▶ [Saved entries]
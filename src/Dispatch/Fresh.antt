-- ===== src/Dispatch/Fresh.antt =====
-- A batch of new events (`apply_events` of src/apply.rs): each payload is written once, in the order of
-- the batch.
use stophammer.Common.{
  ℕ, ◌≡◌, refl, sym, ap, subst, ◌∙◌, Bool, true, false, not, ◌||◌, Option, none, some, List, [],
  ◌∷◌, ◌++◌, String, str_eq, any, select, length, All, arith, Bool-cases, inl, inr,
}
use stophammer.Common.Int.{ℤ, pos, ◌+ℤ◌, ltb_ℤ}
use stophammer.Sync.Log.{Event, max_seq, with_seq, has_event, insert_event_idempotent}
use stophammer.Sync.Apply.{
  Writer, Replica, apply_single_event_inner, Batch, count_event, apply_batch, commit_batch, start,
  apply_events,
}
use stophammer.Sync.Batch.{count_event-db}

-- No event is in the log, and no id stands twice.
abbrev pub AreNew : List Event → List Event → Type 0
AreNew log [] = Unit
AreNew log (e ∷ rest) =
    (has_event e.event_id log ≡ false)
    × (All (λ f. str_eq e.event_id f.event_id ≡ false) rest × AreNew log rest)

has_event-append :
    (k : String) (log : List Event) (e : Event)
    → has_event k (log ++ (e ∷ [])) ≡ (has_event k log || str_eq e.event_id k)
unfolding has_event any
has_event-append k [] e = ground arith
has_event-append k (f ∷ log) e = ground (arith, has_event-append k log e)

AreNew-append :
    (log : List Event) (e : Event) (events : List Event)
    → All (λ f. str_eq e.event_id f.event_id ≡ false) events
    → AreNew log events
    → AreNew (log ++ (e ∷ [])) events
AreNew-append log e [] other new = tt
AreNew-append log e (f ∷ rest) other new = (
  has_event-append f.event_id log e ∙ ground arith,
  (new.1.0, AreNew-append log e rest other.1 new.1.1),
)

module _ {Tables Payload : Type 0} (w : Writer Tables Payload) where
  -- The payloads that the events decode to.
  abbrev pub Carries : List Event → List Payload → Type 0
  Carries [] [] = Unit
  Carries [] (p ∷ ps) = ⊥
  Carries (e ∷ es) [] = ⊥
  Carries (e ∷ es) (p ∷ ps) = (w.decode e ≡ some p) × Carries es ps

  -- The writes of the payloads, one after the other.
  unfoldable pub writes : Tables → List Event → List Payload → Tables
  writes t [] ps = t
  writes t (e ∷ es) [] = t
  writes t (e ∷ es) (p ∷ ps) = writes (w.write e p t).0 es ps

  inner-new :
      (db : Replica Tables) (ev : Event) (p : Payload)
      → has_event ev.event_id db.log ≡ false
      → w.decode ev ≡ some p
      → let next = (apply_single_event_inner w db ev).0 in
        (next.log ≡ db.log ++ (with_seq ev (max_seq db.log +ℤ pos 1) ∷ []))
        × (next.tables ≡ (w.write ev p db.tables).0)
  unfolding apply_single_event_inner insert_event_idempotent
  inner-new db ev p new decodes = rw (new, decodes) (refl, refl)

  abbrev pub batch_tables : Option (Batch w) → Option Tables
  batch_tables none = none
  batch_tables (some b) = some b.db.tables

  batch_writes :
      (b : Batch w) (events : List Event) (ps : List Payload)
      → AreNew b.db.log events
      → Carries events ps
      → batch_tables (apply_batch w b events) ≡ some (writes b.db.tables events ps)
  unfolding apply_batch writes
  batch_writes b [] [] new carries = refl
  batch_writes b [] (p ∷ ps) new carries = absurd carries
  batch_writes b (e ∷ es) [] new carries = absurd carries
  batch_writes b (e ∷ es) (p ∷ ps) new carries =
      let r = apply_single_event_inner w b.db e in
      let next = count_event w e b r in
      let same : next.db ≡ r.0 = count_event-db w e b r in
      let step = inner-new b.db e p new.0 carries.0 in
      let log : next.db.log ≡ b.db.log ++ (with_seq e (max_seq b.db.log +ℤ pos 1) ∷ []) =
        ap (λ x. x.log) same ∙ step.0 in
      let tables : next.db.tables ≡ (w.write e p b.db.tables).0 =
        ap (λ x. x.tables) same ∙ step.1 in
      let new_es : AreNew next.db.log es =
        subst (λ l. AreNew l es) (sym log)
          (AreNew-append b.db.log (with_seq e (max_seq b.db.log +ℤ pos 1)) es new.1.0 new.1.1) in
      let later = batch_writes next es ps new_es carries.1 in
      rw carries.0 (later ∙ ap (λ t. some (writes t es ps)) tables)

  committed-tables :
      (now : ℤ) (db : Replica Tables) (n m : ℕ) (o : Option (Batch w)) (t : Tables)
      → batch_tables o ≡ some t
      → (commit_batch w now db n m o).0.tables ≡ t
  committed-tables now db n m none t h = cc
  committed-tables now db n m (some b) t h = elim (Bool-cases (ltb_ℤ (pos 0) b.max_primary_seq)) [
    | inl e ↦ rw e cc
    | inr e ↦ rw e cc
  ]

  all_verified :
      (verify : Event → Bool) (events : List Event)
      → All (λ e. verify e ≡ true) events
      → select verify events ≡ events
  unfolding select
  all_verified verify [] h = refl
  all_verified verify (e ∷ rest) h = rw h.0 (ap (λ l. e ∷ l) (all_verified verify rest h.1))

  pub apply_events-writes :
      (verify : Event → Bool) (now : ℤ) (db : Replica Tables) (events : List Event)
      (ps : List Payload)
      → All (λ e. verify e ≡ true) events
      → AreNew db.log events
      → Carries events ps
      → (apply_events w verify now true db events).0.tables ≡ writes db.tables events ps
  unfolding apply_events writes
  apply_events-writes verify now db [] ps verified new carries = unfold select in refl
  apply_events-writes verify now db (e ∷ es) ps verified new carries =
      let n = length (select (λ x. not (verify x)) (e ∷ es)) in
      rw (all_verified verify (e ∷ es) verified) (
        committed-tables now db n (length (e ∷ es)) (apply_batch w (start w db) (e ∷ es))
          (writes db.tables (e ∷ es) ps) (batch_writes (start w db) (e ∷ es) ps new carries))
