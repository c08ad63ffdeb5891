-- ===== src/Dispatch/Follows.antt =====
-- A replica that applies the signed events of an ingest as one batch (src/apply.rs, src/db.rs).
use stophammer.Common.{
  ◌≡◌, refl, sym, ap, subst, ◌∙◌, Bool, true, Option, List, [], ◌∷◌, ◌++◌, String, map, All,
}
use stophammer.Common.Int.{ℤ}
use stophammer.Copies.Table.{CopySummary}
use stophammer.Sync.Log.{Event}
use stophammer.Sync.Apply.{Replica, apply_events}
use stophammer.Index.Tables.{IndexDb}
use stophammer.Index.Events.{EventRow, Submission}
use stophammer.Index.Diff.{build_diff_events}
use stophammer.Index.Ingest.{ingest_transaction}
use stophammer.Index.Apply.{apply_rows}
use stophammer.Index.Follow.Agree.{IsProper, HasNoStray}
use stophammer.Index.Follow.OneTrack.{HasNoOrphan}
use stophammer.Index.Follow.SameRows.{Agree}
use stophammer.Index.Follow.Transaction.{ingest_transaction-Agree}
use stophammer.Dispatch.Payload.{
  NodeTables, EventPayload, row_payload, apply_payload, payload_writer,
}
use stophammer.Dispatch.Fresh.{AreNew, Carries, writes, apply_events-writes}

-- The events of the transaction, those of the removals last.
unfoldable pub ingest_event_rows : ℤ → List String → IndexDb → Submission → List EventRow
unfolding build_diff_events ingest_transaction
ingest_event_rows now warnings db s =
    build_diff_events now warnings db s ++ (ingest_transaction db s).1

abbrev pub payloads_of : List EventRow → List EventPayload
payloads_of event_rows = map (λ e. row_payload e.payload) event_rows

module _ (lower : String → String) (remote_items_digest : CopySummary → Option String)
    (decode : Event → Option EventPayload) where
  writes-index :
      (t : NodeTables) (events : List Event) (event_rows : List EventRow)
      → Carries (payload_writer lower remote_items_digest decode) events (payloads_of event_rows)
      → (writes
          (payload_writer lower remote_items_digest decode)
          t
          events
          (payloads_of event_rows)).index
        ≡ apply_rows t.index event_rows
  unfolding writes apply_rows payload_writer apply_payload
  writes-index t [] [] carries = refl
  writes-index t [] (r ∷ rest) carries = absurd carries
  writes-index t (e ∷ es) [] carries = absurd carries
  writes-index t (e ∷ es) (r ∷ rest) carries =
      writes-index (apply_payload lower remote_items_digest e (row_payload r.payload) t) es rest
        carries.1

  -- If a node agrees with the primary, then a node that receives the events of an ingest transaction in
  -- one batch agrees with the primary after it, where the batch commits, every signature verifies, no
  -- event is in the node's log or stands twice, and each event decodes to the payload that the primary
  -- made it of. Agreement covers the rows of every feed, its ten lists and live events, and the tracks
  -- of this feed with their remote items, in all fields but these, which a node may hold stale: the
  -- title in lower case, `created_at`, `updated_at`, `observed_at`, a feed's `episode_count`,
  -- `newest_item_at`, `oldest_item_at`, `last_build_date` and `release_artist_source`, the `rel` of a
  -- track's remote item, and a contributor's `role_norm`. Payment routes and value time splits of tracks
  -- are not covered. The submission names its feed in every row, names no track twice and, among the
  -- claims that the handler dedupes, no key twice; a feed that is not stored has no rows, and a track of
  -- the feed that is not stored has no remote items, those without a feed GUID included.
  pub apply_events-Agree :
      (verify : Event → Bool) (now later : ℤ) (warnings : List String) (db : IndexDb)
      (s : Submission) (node : Replica NodeTables) (events : List Event)
      → IsProper s
      → HasNoOrphan s.feed.feed_guid db
      → HasNoStray s.feed.feed_guid db
      → Agree s.feed.feed_guid db node.tables.index
      → All (λ e. verify e ≡ true) events
      → AreNew node.log events
      → Carries
          (payload_writer lower remote_items_digest decode)
          events
          (payloads_of (ingest_event_rows now warnings db s))
      → Agree s.feed.feed_guid
          (ingest_transaction db s).0
          (apply_events
            (payload_writer lower remote_items_digest decode)
            verify
            later
            true
            node
            events).0.tables.index
  unfolding ingest_event_rows
  apply_events-Agree verify now later warnings db s node events proper orphan stray agree verified
        new carries =
      let event_rows = ingest_event_rows now warnings db s in
      let w = payload_writer lower remote_items_digest decode in
      let written : (apply_events w verify later true node events).0.tables.index
          ≡ apply_rows node.tables.index event_rows =
        ap (λ t. t.index)
          (apply_events-writes w verify later node events (payloads_of event_rows) verified new
            carries)
        ∙ writes-index node.tables events event_rows carries in
      subst (Agree s.feed.feed_guid (ingest_transaction db s).0) (sym written)
        (ingest_transaction-Agree now warnings db node.tables.index s proper orphan stray agree)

▶ [Exercise goal] Copy exactly the lines that run from the first line of the data to the line containing "-- No event", please, with both ends included and nothing else.

▶ [Answer below]
filename src/Dispatch/Fresh.antt
-- ===== src/Dispatch/Fresh.antt =====
-- A batch of new events (`apply_events` of src/apply.rs): each payload is written once, in the order of
-- the batch.
use stophammer.Common.{
  ℕ, ◌≡◌, refl, sym, ap, subst, ◌∙◌, Bool, true, false, not, ◌||◌, Option, none, some, List, [],
  ◌∷◌, ◌++◌, String, str_eq, any, select, length, All, arith, Bool-cases, inl, inr,
}
use stophammer.Common.Int.{ℤ, pos, ◌+ℤ◌, ltb_ℤ}
use stophammer.Sync.Log.{Event, max_seq, with_seq, has_event, insert_event_idempotent}
use stophammer.Sync.Apply.{
  Writer, Replica, apply_single_event_inner, Batch, count_event, apply_batch, commit_batch, start,
  apply_events,
}
use stophammer.Sync.Batch.{count_event-db}

-- No event is in the log, and no id stands twice.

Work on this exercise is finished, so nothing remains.